COP26 is not just about India’s commitment to climate change. This is also a message for America

Prime Minister Narendra Modi at the COP26 summit in Glasgow on 1 November 2021. ani photo

Form of words:

IEarlier this week, Prime Minister Narendra Modi stood on a global stage announcement of Climate commitments shocked the world. Months after resisting pressure from high-income countries to “do more” to save the earth, India changed its mind and offered the world more Much more than what was expected.

The global forum in question is the 26th Conference of the Parties (COP26) which is currently taking place in Glasgow. Countries have come together to figure out how to slow global warming, and even though these talks take place annually, the conference has taken on a new impetus since the Intergovernmental Panel on Climate Change (IPCC). warning That humanity may have already missed the bus, sending Earth on a path of irreversible man-made destruction, unless adequate action is now taken.

Headlines coming out of COP26 ranged from leaders at a cursory glance to reports calling on high-income countries to make hollow promises, from urgent signings to cut coal and deforestation. With renewed urgency to stop climate change, world leaders are at least talking up. Only time will tell whether they can walk or not. That’s why COP26 is ThePrint’s Newsmaker of the Week.


Read also: India cannot change into another China. It must protect our ‘Mother Nature’ from danger


India in COP

On the podium, Modi made five new promises that experts made agree with All are ambitious, but in practice can go some way or the other.
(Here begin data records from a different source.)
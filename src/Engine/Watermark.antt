-- ===== src/Engine/Watermark.antt =====
-- The watermark `lastIngestedSeq` of src/engine/receive-engine.ts.
use notestr.Prelude.{
  ℕ, ◌≡◌, ◌≤◌, ◌<◌, ◌⊎◌, inl, inr, Text, none, some, List, [], ◌∷◌, ltb, All, find, arith, subst,
  true, Bool-cases,
}
use notestr.Engine.Types.{
  RawProtocolFact, RawProtocolFactInput, AppendFactResult, envelope_received,
  group_ratchet_advanced,
}
use notestr.Engine.World.{World, Exec, ◌>>=◌, ◌>>◌, pure, emit, alive, stale, advance_watermark}
use notestr.Engine.Writes.{
  single, RetryOutcome, reported, append_fact_with_retry, with_persistence_retry,
}
use notestr.Engine.Handlers.{append_or_return, landed_or_return, handle_skipped}
use notestr.Engine.Session.Waits.{
  single-Torn, Retried, wrote, refused, abandoned, with_persistence_retry-Retried,
}
use notestr.Engine.Session.Writes.{append_fact-accepted}
use notestr.Persistence.RawLog.{IsLog, has_id, append_fact-Appended}
use notestr.Persistence.{append_fact, stored_facts, load_accepted_events}

-- What is done with the fact of a skipped signal.
abbrev skip_fact : RawProtocolFact → Exec (Unit {0})
skip_fact fact = do
  advance_watermark fact.seq
  emit (envelope_received fact.id)
  emit group_ratchet_advanced

-- How the handling of a skipped signal ends: the watermark is left because the fact was not written or
-- the session has ended, or the fact is written and covered.
data Skipped (gen : ℕ) (input : RawProtocolFactInput) (w : World) : World → Type 0 where
  left_behind :
      {w' : World}
      → w'.last_ingested_seq ≡ w.last_ingested_seq
      → (w'.disk ≡ w.disk) ⊎ (stale gen w' ≡ true)
      → Skipped gen input w w'
  covered :
      {w' : World} (a : AppendFactResult)
      → append_fact w.disk input ≡ some (a, w'.disk)
      → a.fact.seq ≤ w'.last_ingested_seq
      → Skipped gen input w w'

skip_fact-covers :
    (input : RawProtocolFactInput) (gen : ℕ) (w w' : World) (a : AppendFactResult)
    → append_fact w.disk input ≡ some (a, w'.disk)
    → Skipped gen input w (skip_fact a.fact w').1
unfolding ◌>>=◌
skip_fact-covers input gen w w' a e = elim (Bool-cases (ltb w'.last_ingested_seq a.fact.seq)) [
  | inl b ↦ rw b (covered a e (ground arith))
  | inr b ↦ rw b (covered a e (ground arith))
]

-- A skipped signal covers its fact or leaves the watermark.
handle_skipped-Skipped :
    (input : RawProtocolFactInput) (gen : ℕ) (w : World)
    → Skipped gen input w (handle_skipped input gen w).1
unfolding handle_skipped append_or_return append_fact_with_retry ◌>>=◌
handle_skipped-Skipped input gen w =
    go (with_persistence_retry gen (single λ d. append_fact d input) w)
      (with_persistence_retry-Retried gen _ w)
  where
    go :
        (r : RetryOutcome AppendFactResult × World)
        → Retried gen (single λ d. append_fact d input) w r
        → Skipped gen input w
            ((((λ v. reported input.id r) >>= λ o.
                  landed_or_return o >>= λ a. alive gen >>= λ u. pure a.fact)
                >>= skip_fact)
              w).1
    go r (wrote {a = a} {w' = w'} {d = d} t e s c) = rw s (
        skip_fact-covers input gen w w' a
          (subst (λ x. append_fact x input ≡ some (a, w'.disk)) (single-Torn t) e))
    go r (refused i t) = left_behind i.2 (inl (single-Torn t))
    go r (abandoned t o c) = left_behind c.2 (inr t)

below :
    (n m : ℕ) (fs : List RawProtocolFact)
    → All (λ f. f.seq < n) fs
    → n ≤ m
    → All (λ f. f.seq ≤ m) fs
below n m [] h le = tt
below n m (f ∷ fs) h le = (ground (arith, h.0), below n m fs h.1 le)

fresh-seq :
    (input : RawProtocolFactInput) (w w' : World) (a : AppendFactResult)
    → IsLog (stored_facts w.disk input.group_id)
    → find (has_id input.id) (stored_facts w.disk input.group_id) ≡ none
    → append_fact w.disk input ≡ some (a, w'.disk)
    → All (λ f. f.seq < a.fact.seq) (stored_facts w.disk input.group_id)
fresh-seq input w w' a log new e =
    let r = (append_fact-Appended w.disk w'.disk input a log e).1 in
    elim (Bool-cases a.duplicate) [
      | inl d ↦ ground (arith, (r.on_duplicate d).1)
      | inr d ↦ (r.on_fresh d).2
    ]

-- A skipped signal with a fresh envelope ends in one of two ways. It leaves the watermark, and then the
-- stores are as they were or the session has ended; or its envelope is appended, the watermark is at or
-- past the new position and that of every fact that the log held, an event of which was not accepted
-- included, and the accepted events are as they were.
pub handle_skipped-passes :
    (input : RawProtocolFactInput) (gen : ℕ) (w : World)
    → IsLog (stored_facts w.disk input.group_id)
    → find (has_id input.id) (stored_facts w.disk input.group_id) ≡ none
    → let w' = (handle_skipped input gen w).1 in
      ((w'.last_ingested_seq ≡ w.last_ingested_seq) × ((w'.disk ≡ w.disk) ⊎ (stale gen w' ≡ true)))
      ⊎ ((a : AppendFactResult) × (append_fact w.disk input ≡ some (a, w'.disk))
          × (a.fact.seq ≤ w'.last_ingested_seq)
          × All (λ f. f.seq ≤ w'.last_ingested_seq) (stored_facts w.disk input.group_id)
          × ((g : Text) → load_accepted_events w'.disk g ≡ load_accepted_events w.disk g))
handle_skipped-passes input gen w log new =
    go (handle_skipped input gen w).1 (handle_skipped-Skipped input gen w)
  where
    go :
        (w' : World)
        → Skipped gen input w w'
        → ((w'.last_ingested_seq ≡ w.last_ingested_seq)
            × ((w'.disk ≡ w.disk) ⊎ (stale gen w' ≡ true)))
          ⊎ ((a : AppendFactResult) × (append_fact w.disk input ≡ some (a, w'.disk))
              × (a.fact.seq ≤ w'.last_ingested_seq)
              × All (λ f. f.seq ≤ w'.last_ingested_seq) (stored_facts w.disk input.group_id)
              × ((g : Text) → load_accepted_events w'.disk g ≡ load_accepted_events w.disk g))
    go w' (left_behind e o) = inl (e, o)
    go w' (covered a e le) = inr (
      a,
      e,
      le,
      below a.fact.seq w'.last_ingested_seq (stored_facts w.disk input.group_id)
          (fresh-seq input w w' a log new e) le,
      λ g. append_fact-accepted input w.disk w'.disk a g e,
    )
In its new pledges, India said It will, by 2030, increase its installed renewable capacity to 500 gigawatts, install 50 percent of its electricity capacity through non-fossil fuel resources, reduce carbon emissions by 1 billion tons, and reduce the economy’s carbon emissions intensity by 45 percent. will reduce to Percent

It also said it would reach net-zero emissions by 2070 – about as much carbon dioxide as it produces from the atmosphere. For the world’s third largest emitter (we emitted 2.88 billion tons of carbon dioxide last year) that’s a lot.

In practical terms, this means eliminating coal, which fuels 70 percent of our electricity, switching to electric vehicles, decarbonizing polluting industries like cement and steel, creating forests to absorb carbon dioxide, and more. Installing solar power plants, all in the next few decades.

Our neighbor, China, today made no new commitments despite being the world’s biggest carbon emitter – accounting for 11 percent of all emissions. Critics have said the United States today should have promised net-zero emissions before 2050 to make up for its historic emissions due to global warming.

In this context, India, a country that ranks only 131 on the Human Development Index, still has a long way to go in ending widespread poverty. is appreciated.

However, India’s stand was not always so clear. Just a few months ago, on more than one occasion, it was politely rejected To pledge net-zero emissions, arguing that countries must deliver on promises made in the past. report is got to know That India is one of the few countries on track to meet its Paris Agreement targets – the targets set during the 21st COP.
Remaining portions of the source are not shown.